Friday, July 2, 2021

Munging Standard Input

I was writing a shell script at work to extract a few lines from from some test output. It wasn't working like I expected so I examined the file: it had Windows-style linebreaks.

Converting "DOS" text files into Unix style is a hall of fame problem that's up there with "how do I rm a file with a name that starts with a minus sign?" and there are several fine solutions. The problem I have is when I run the script I don't want to have to remember do the conversion myself. The script should do it for me!

Here's my first pass:

tr -d '\r' | (
  while read line; do
    echo "Got a line: ${line}"
  done
)

Trust me that my real script did actual work, not just a silly echo. It is also several lines longer.

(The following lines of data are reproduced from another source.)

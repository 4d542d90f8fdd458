-- ===== src/Core.antt =====
-- acatl: the helpers that the other parts of the library use.
pub mod Strings
pub mod ThreadPool
pub mod Path
pub mod Lexer
pub mod NumericCast
pub mod Easter
pub mod Files
mod Examples
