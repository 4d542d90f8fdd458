-- ===== src/Core/Easter.antt =====
-- acatl/date_helper.h: `calculateGregorianEaster`, up to the date that it hands to the calendar
-- library, for years that are not negative.
pub mod Computus
use acatl.Base.{
  ℕ, zero, suc, ◌+◌, ◌-◌, ◌*◌, ◌/◌, ◌%◌, ◌≤◌, ◌<◌, ◌≡◌, ◌⊎◌, refl, Bool, true, false, ◌&&◌, ◌==◌,
  ltb, if◌then◌else◌, arith, inl, inr,
}

-- `(a - b) % 7` of an `int`, whose sign is that of the difference, as a `uint16_t`.
unfoldable pub remainder_of_difference : ℕ → ℕ → ℕ
remainder_of_difference a b = if ltb a b then (65536 - (b - a) % 7) % 65536 else (a - b) % 7

-- H, I and J.
unfoldable pub moon : ℕ → ℕ
moon y = let h = (24 + 19 * (y % 19)) % 30 in h - h / 28

unfoldable pub weekday : ℕ → ℕ
unfolding remainder_of_difference moon
weekday y = remainder_of_difference (y + y / 4 + moon y) 13

-- The month and the day from I and J; L + 40 is a number, as I - J is an `int16_t` above -40.
unfoldable pub day_after : ℕ → ℕ → ℕ × ℕ
day_after i j =
    let l = (i + 40 + 65536 - j) % 65536 in
    let month = 3 + l / 44 in (month, l - 12 - 31 * (month / 4))

unfoldable pub calculate_gregorian_easter : ℕ → ℕ × ℕ
unfolding day_after moon weekday
calculate_gregorian_easter y = day_after (moon y) (weekday y)

-- The computus of the Gregorian calendar (Meeus, Jones and Butcher).
abbrev month_day : ℕ → ℕ × ℕ
month_day n = (n / 31, n % 31 + 1)

abbrev offset : ℕ → ℕ → ℕ → ℕ
offset a h l = h + l + 114 - 7 * ((a + 11 * h + 22 * l) / 451)

abbrev golden : ℕ → ℕ → ℕ
golden a b = (19 * a + b + 15 - b / 4 - (b + 1 - (b + 8) / 25) / 3) % 30

abbrev sunday : ℕ → ℕ → ℕ → ℕ
sunday b c h = (32 + 2 * (b % 4) + 2 * (c / 4) - h - c % 4) % 7

unfoldable pub computus : ℕ → ℕ × ℕ
computus y =
    let a = y % 19 in
    let b = y / 100 in
    let c = y % 100 in let h = golden a b in month_day (offset a h (sunday b c h))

The tr filters the input stream to Unix-style if it's not already, and then pipes it to the real script action inside parentheses.

CHEERS: The caller doesn't have to convert input. Also works with plain old /bin/sh
JEERS
: Virtually the entire script has to live inside parens

Next I tried process substitution, which is possible with bash and zsh (though not Mac OS /bin/sh):

exec 3< <(tr -d '\r')

while read <&3 line; do
  echo "Got a line: ${line}"
done

CHEERS: The script doesn't need to be wrapped in parens!
JEERS: It has to read from alternate file descriptor 3 instead of STDIN. And it doesn't work with /bin/sh anymore.

How about I replace FD 0 (STDIN) with this new FD 3?

exec 3< <(tr -d '\r')
exec 3>&0

while read line; do
  echo "Got a line: ${line}"
done

CHEERS: The while loop and anything else in the script can just read from STDIN like usual
JEERS: We're still opening up this weird file descriptor 3 what we never use after line 2 directly

How about substituting FD 0 from the start? Will that break anything?

exec 0< <(tr -d '\r')
 

while read line; do
  echo "Got a line: ${line}"
done

CHEERS: No more stray file descriptors
JEERS: The first line is cryptic? Just kidding this is 100% excellent. I see no flaws.